Are Markov processes martingales?

Are Markov processes martingales?

The Markov property states that a stochastic process essentially has “no memory”. The Martingale property states that the future expectation of a stochastic process is equal to the current value, given all known information about the prior events.

Is every Markov chain a martingale?

Intuitively, this means that the conditional expectation of the future value of the process, given all its historical values, equals to its current value. Note that this is not the same as conditioning only knowing the current value. No, not all martingales are Markov processes.
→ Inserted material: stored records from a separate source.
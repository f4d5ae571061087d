-- ===== src/Bus/Drain.antt =====
-- The rounds of `_consumer_loop` (app/main.py) come to an end of their work: the retries are bounded.
use soc360_pymes.Prelude.{
  ℕ, zero, suc, ◌+◌, ◌-◌, ◌*◌, ◌≤◌, ◌<◌, ◌≡◌, inl, inr, refl, Bool, true, ◌||◌, Option, none, some,
  List, [], ◌∷◌, arith, if◌then◌else◌, ltb, ltb→lt, ==→eq, ◌==◌, take, drop, Bool-cases, ◌∙◌, ap,
  length,
}
use soc360_pymes.Sql.{delete_where, count_where}
use soc360_pymes.Outcome.{Result, ok, err}
use soc360_pymes.Bus.{
  Message, Stream, Commands, all_go, DispatchError, dispatch_event, give_up, cleanup_retry_key,
  count_retry, retry_count, ack, deliver, read, process, unless_raised, round, rounds, max_retries,
  add_dead_letter, or_zero,
}
use soc360_pymes.Bus.Delivery.{holds, is_kept, rounds-kept}

-- the deliveries that an entry has left, its last one included
abbrev pub left_for : (ℕ → Option ℕ) → Message → ℕ
left_for counters m = suc (max_retries - or_zero (counters m.id))

abbrev pub total : (ℕ → Option ℕ) → List Message → ℕ
total counters [] = 0
total counters (m ∷ ms) = left_for counters m + total counters ms

-- the deliveries that the stream can still take at most
abbrev pub work : Stream → ℕ
work s = total s.counters s.pending + suc max_retries * length s.undelivered

-- a change of one counter
abbrev changed : ℕ → Option ℕ → (ℕ → Option ℕ) → ℕ → Option ℕ
changed id value counters k = if k == id then value else counters k

abbrev present : ℕ → List Message → ℕ
present id xs = count_where (λ (m : Message). m.id == id) xs

total-deleted :
    (id : ℕ) (counters : ℕ → Option ℕ) (xs : List Message)
    → total (changed id none counters) (delete_where (λ m. m.id == id) xs) + present id xs
      ≤ total counters xs
total-deleted id counters [] = omega arith
total-deleted id counters (x ∷ xs) = elim (Bool-cases (x.id == id)) [
  | inl e ↦ rw e (omega (arith, total-deleted id counters xs))
  | inr e ↦ rw (e, e) (omega (arith, total-deleted id counters xs))
]

total-counted :
    (id : ℕ) (counters : ℕ → Option ℕ) (xs : List Message)
    → or_zero (counters id) < max_retries
    → total (changed id (some (or_zero (counters id) + 1)) counters) xs + present id xs
      ≤ total counters xs
total-counted id counters [] l = omega arith
total-counted id counters (x ∷ xs) l = elim (Bool-cases (x.id == id)) [
  | inl e ↦
      let same = ap (λ (n : ℕ). or_zero (counters n)) (==→eq x.id id e) in
      rw e (omega (arith, l, same, total-counted id counters xs l))
  | inr e ↦ rw e (omega (arith, total-counted id counters xs l))
]

total-bound :
    (counters : ℕ → Option ℕ) (xs : List Message) → total counters xs ≤ suc max_retries * length xs
total-bound counters [] = omega arith
total-bound counters (x ∷ xs) = omega (arith, total-bound counters xs)

-- The pending list has taken `n` deliveries off its work; nothing else was read.
record Lighter (n : ℕ) (s s' : Stream) : Type 0 where
  lighter : total s'.counters s'.pending + n ≤ total s.counters s.pending
  undelivered : s'.undelivered ≡ s.undelivered

Lighter-trans : (n : ℕ) (s t u : Stream) → Lighter n s t → Lighter 0 t u → Lighter n s u
Lighter-trans n s t u h k = record {
  lighter = omega (arith, h.lighter, k.lighter);
  undelivered = k.undelivered ∙ h.undelivered;
}

Lighter-unless_raised :
    (n : ℕ) (s : Stream) (here : Result DispatchError Bool × Stream) (rest : Stream)
    → Lighter n s here.1
    → Lighter 0 here.1 rest
    → Lighter n s (unless_raised here rest)
Lighter-unless_raised n s (err e, t) rest h k = h
Lighter-unless_raised n s (ok b, t) rest h k = Lighter-trans n s t rest h k

-- the entry is acknowledged after its counter was cleared
cleared-Lighter :
    (m : Message) (s : Stream)
    → Lighter (present m.id s.pending) s (ack m.id (cleanup_retry_key all_go true true m s))
unfolding ack cleanup_retry_key
cleared-Lighter m s = record {
  lighter = total-deleted m.id s.counters s.pending;
  undelivered = refl;
}

dead-Lighter :
    (m : Message) (s : Stream)
    → Lighter
        (present m.id s.pending)
        s
        (ack m.id (cleanup_retry_key all_go true true m (add_dead_letter m s)))
unfolding ack cleanup_retry_key
dead-Lighter m s = record { lighter = total-deleted m.id s.counters s.pending; undelivered = refl }

counted-Lighter :
    (m : Message) (s : Stream)
    → or_zero (s.counters m.id) < max_retries
    → Lighter (present m.id s.pending) s (count_retry all_go true true m s)
unfolding count_retry
counted-Lighter m s l = record {
  lighter = total-counted m.id s.counters s.pending l;
  undelivered = refl;
}

module _ (fails : Message → Bool) where
  deliver-Lighter :
      (m : Message) (s : Stream) → Lighter (present m.id s.pending) s (deliver fails all_go m s).1
  unfolding deliver dispatch_event retry_count give_up
  deliver-Lighter m s = elim (Bool-cases (fails m)) [
    | inr f ↦ simp (f, deliver, dispatch_event) (cleared-Lighter m s)
    | inl f ↦ elim (Bool-cases (ltb (or_zero (s.counters m.id)) max_retries)) [
      | inl e ↦
          simp (f, e, deliver, dispatch_event)
            (counted-Lighter m s (ltb→lt (or_zero (s.counters m.id)) max_retries e))
      | inr e ↦ simp (f, e, deliver, dispatch_event) (dead-Lighter m s)
    ]
  ]

  abbrev go : Message → Commands
  go _ = all_go

  Lighter-weaken : (n : ℕ) (s t : Stream) → Lighter n s t → Lighter 0 s t
  Lighter-weaken n s t h = record {
    lighter = omega (arith, h.lighter);
    undelivered = h.undelivered;
  }

  process-Lighter : (ms : List Message) (s : Stream) → Lighter 0 s (process fails go ms s)
  unfolding process
  process-Lighter [] s = record { lighter = omega arith; undelivered = refl }
  process-Lighter (m ∷ ms) s =
      let here = deliver fails all_go m s in
      Lighter-unless_raised 0 s here (process fails go ms here.1)
        (Lighter-weaken (present m.id s.pending) s here.1 (deliver-Lighter m s))
        (process-Lighter ms here.1)

  -- a round whose first entry is pending takes a delivery off at least
  process_first :
      (m : Message) (ms rest : List Message) (s : Stream)
      → s.pending ≡ m ∷ rest
      → Lighter 1 s (process fails go (m ∷ ms) s)
  unfolding process
  process_first m ms rest s e =
      let here = deliver fails all_go m s in
      let once : 1 ≤ present m.id s.pending = rw e (ground arith) in
      let light = deliver-Lighter m s in
      Lighter-unless_raised 1 s here (process fails go ms here.1)
        (record { lighter = omega (arith, once, light.lighter); undelivered = light.undelivered })
        (process-Lighter ms here.1)

  length-split : (n : ℕ) (xs : List Message) → length (take n xs) + length (drop n xs) ≡ length xs
  length-split zero xs = omega arith
  length-split (suc n) [] = omega arith
  length-split (suc n) (x ∷ xs) = omega (arith, length-split n xs)

  abbrev stream : List Message → List Message → List Message → (ℕ → Option ℕ) → Stream
  stream pending undelivered dead counters = record {
    undelivered = undelivered;
    pending = pending;
    dead_letters = dead;
    counters = counters;
  }

  round_lists :
      (pending undelivered dead : List Message) (counters : ℕ → Option ℕ)
      → let s = stream pending undelivered dead counters in work (round fails go s) ≤ work s - 1
  unfolding round read process
  round_lists (m ∷ ms) undelivered dead counters =
      let s = stream (m ∷ ms) undelivered dead counters in
      let light = process_first m (take 99 ms) ms s refl in
      omega (arith, light.lighter, ap length light.undelivered)
  round_lists [] [] dead counters = omega arith
  round_lists [] (m ∷ ms) dead counters =
      let s = stream (m ∷ take 9 ms) (drop 9 ms) dead counters in
      let light = process_first m (take 9 ms) (take 9 ms) s refl in
      omega (
        arith,
        light.lighter,
        ap length light.undelivered,
        length-split 9 ms,
        total-bound counters (m ∷ take 9 ms),
      )

  -- a round takes a delivery off the work, if there is any
  round-less : (s : Stream) → work (round fails go s) ≤ work s - 1
  round-less s = round_lists s.pending s.undelivered s.dead_letters s.counters

  rounds-work : (n : ℕ) (s : Stream) → work (rounds fails go n s) ≤ work s - n
  unfolding rounds
  rounds-work zero s = omega arith
  rounds-work (suc n) s = omega (arith, round-less s, rounds-work n (round fails go s))

only_dead :
    (id : ℕ) (undelivered pending dead : List Message)
    → undelivered ≡ []
    → pending ≡ []
    → (holds id undelivered || holds id pending || holds id dead) ≡ true
    → holds id dead ≡ true
only_dead id [] [] dead u p h = h
only_dead id (m ∷ ms) pending dead u p h = cc
only_dead id [] (m ∷ ms) dead u p h = cc

no_entries : (xs : List Message) → (counters : ℕ → Option ℕ) → total counters xs ≡ 0 → xs ≡ []
no_entries [] counters h = refl
no_entries (x ∷ xs) counters h = absurd (omega (arith, h))

no_length : (xs : List Message) → length xs ≡ 0 → xs ≡ []
no_length [] h = refl
no_length (x ∷ xs) h = absurd (omega (arith, h))

-- While the Redis commands go through, the retries are bounded: after as many rounds as the stream
-- can take deliveries, four for an entry whose handler always raises and was never tried, nothing
-- waits any more, neither in the stream nor in the pending list; and an event whose handler always
-- raises stands in the dead letter queue then, if it was in the stream, pending or there before.
pub rounds-drained :
    (fails : Message → Bool) (n : ℕ) (s : Stream)
    → work s ≤ n
    → let s' = rounds fails (λ _. all_go) n s in
      (s'.pending ≡ [])
      × (s'.undelivered ≡ [])
      × ((id : ℕ)
          → ((m : Message) → (id == m.id) ≡ true → fails m ≡ true)
          → is_kept id s ≡ true
          → holds id s'.dead_letters ≡ true)
rounds-drained fails n s l =
    let s' = rounds fails (λ _. all_go) n s in
    let idle : work s' ≡ 0 = omega (arith, l, rounds-work fails n s) in
    let p = no_entries s'.pending s'.counters (omega (arith, idle)) in
    let u = no_length s'.undelivered (omega (arith, idle)) in
    (
      p,
      u,
      λ id poison kept.
          only_dead id s'.undelivered s'.pending s'.dead_letters u p
            (rounds-kept fails id poison (λ _. all_go) n s kept),
    )
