-- ===== src/Bus/Samples.antt =====
-- A stream with an event whose handler always raises, and the theorems of Bus at it.
use soc360_pymes.Prelude.{
  ℕ, ◌≡◌, refl, Bool, true, false, none, some, [], ◌∷◌, arith, ◌==◌, if◌then◌else◌,
}
use soc360_pymes.Bus.{Message, Stream, Commands, all_go, rounds}
use soc360_pymes.Bus.Delivery.{holds, is_kept, rounds-kept}
use soc360_pymes.Bus.Drain.{rounds-drained}

abbrev message : ℕ → Message
message id = record { id = id; carried_count = 0; payload = "auth.login" }

-- event 2 was tried once
abbrev stream : Stream
stream = record {
  undelivered = message 3 ∷ [];
  pending = message 1 ∷ message 2 ∷ [];
  dead_letters = [];
  counters = λ id. if id == 2 then some 1 else none;
}

-- the handler raises on event 2
abbrev fails : Message → Bool
fails m = m.id == 2

abbrev down : Commands
down = record {
  hget_goes = false;
  hincrby_goes = false;
  xadd_goes = false;
  delete_goes = false;
  xack_goes = false;
}

poison : (m : Message) → (2 == m.id) ≡ true → fails m ≡ true
poison m h = ground arith

rounds-kept_example : is_kept 2 (rounds fails (λ _. down) 5 stream) ≡ true
rounds-kept_example = rounds-kept fails 2 poison (λ _. down) 5 stream refl

rounds-drained_example :
    let s' = rounds fails (λ _. all_go) 11 stream in
    (s'.pending ≡ [])
    × (s'.undelivered ≡ [])
    × ((id : ℕ)
        → ((m : Message) → (id == m.id) ≡ true → fails m ≡ true)
        → is_kept id stream ≡ true
        → holds id s'.dead_letters ≡ true)
rounds-drained_example = rounds-drained fails 11 stream (omega arith)

drained_test : (rounds fails (λ _. all_go) 4 stream).dead_letters ≡ message 2 ∷ []
unfolding rounds
drained_test = refl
Are Markov processes stationary?

1: A stochastic process Y is stationary if the moments are not affected by a time shift, i.e., A theorem that applies only for Markov processes: A Markov process is stationary if and only if i) P1(y, t) does not depend on t; and ii) P1|1(y2,t2 | y1,t1) depends only on the difference t2 − t1.

Is Markov chain stationary?

Ergodic Markov chains have a unique stationary distribution, and absorbing Markov chains have stationary distributions with nonzero elements only in absorbing states.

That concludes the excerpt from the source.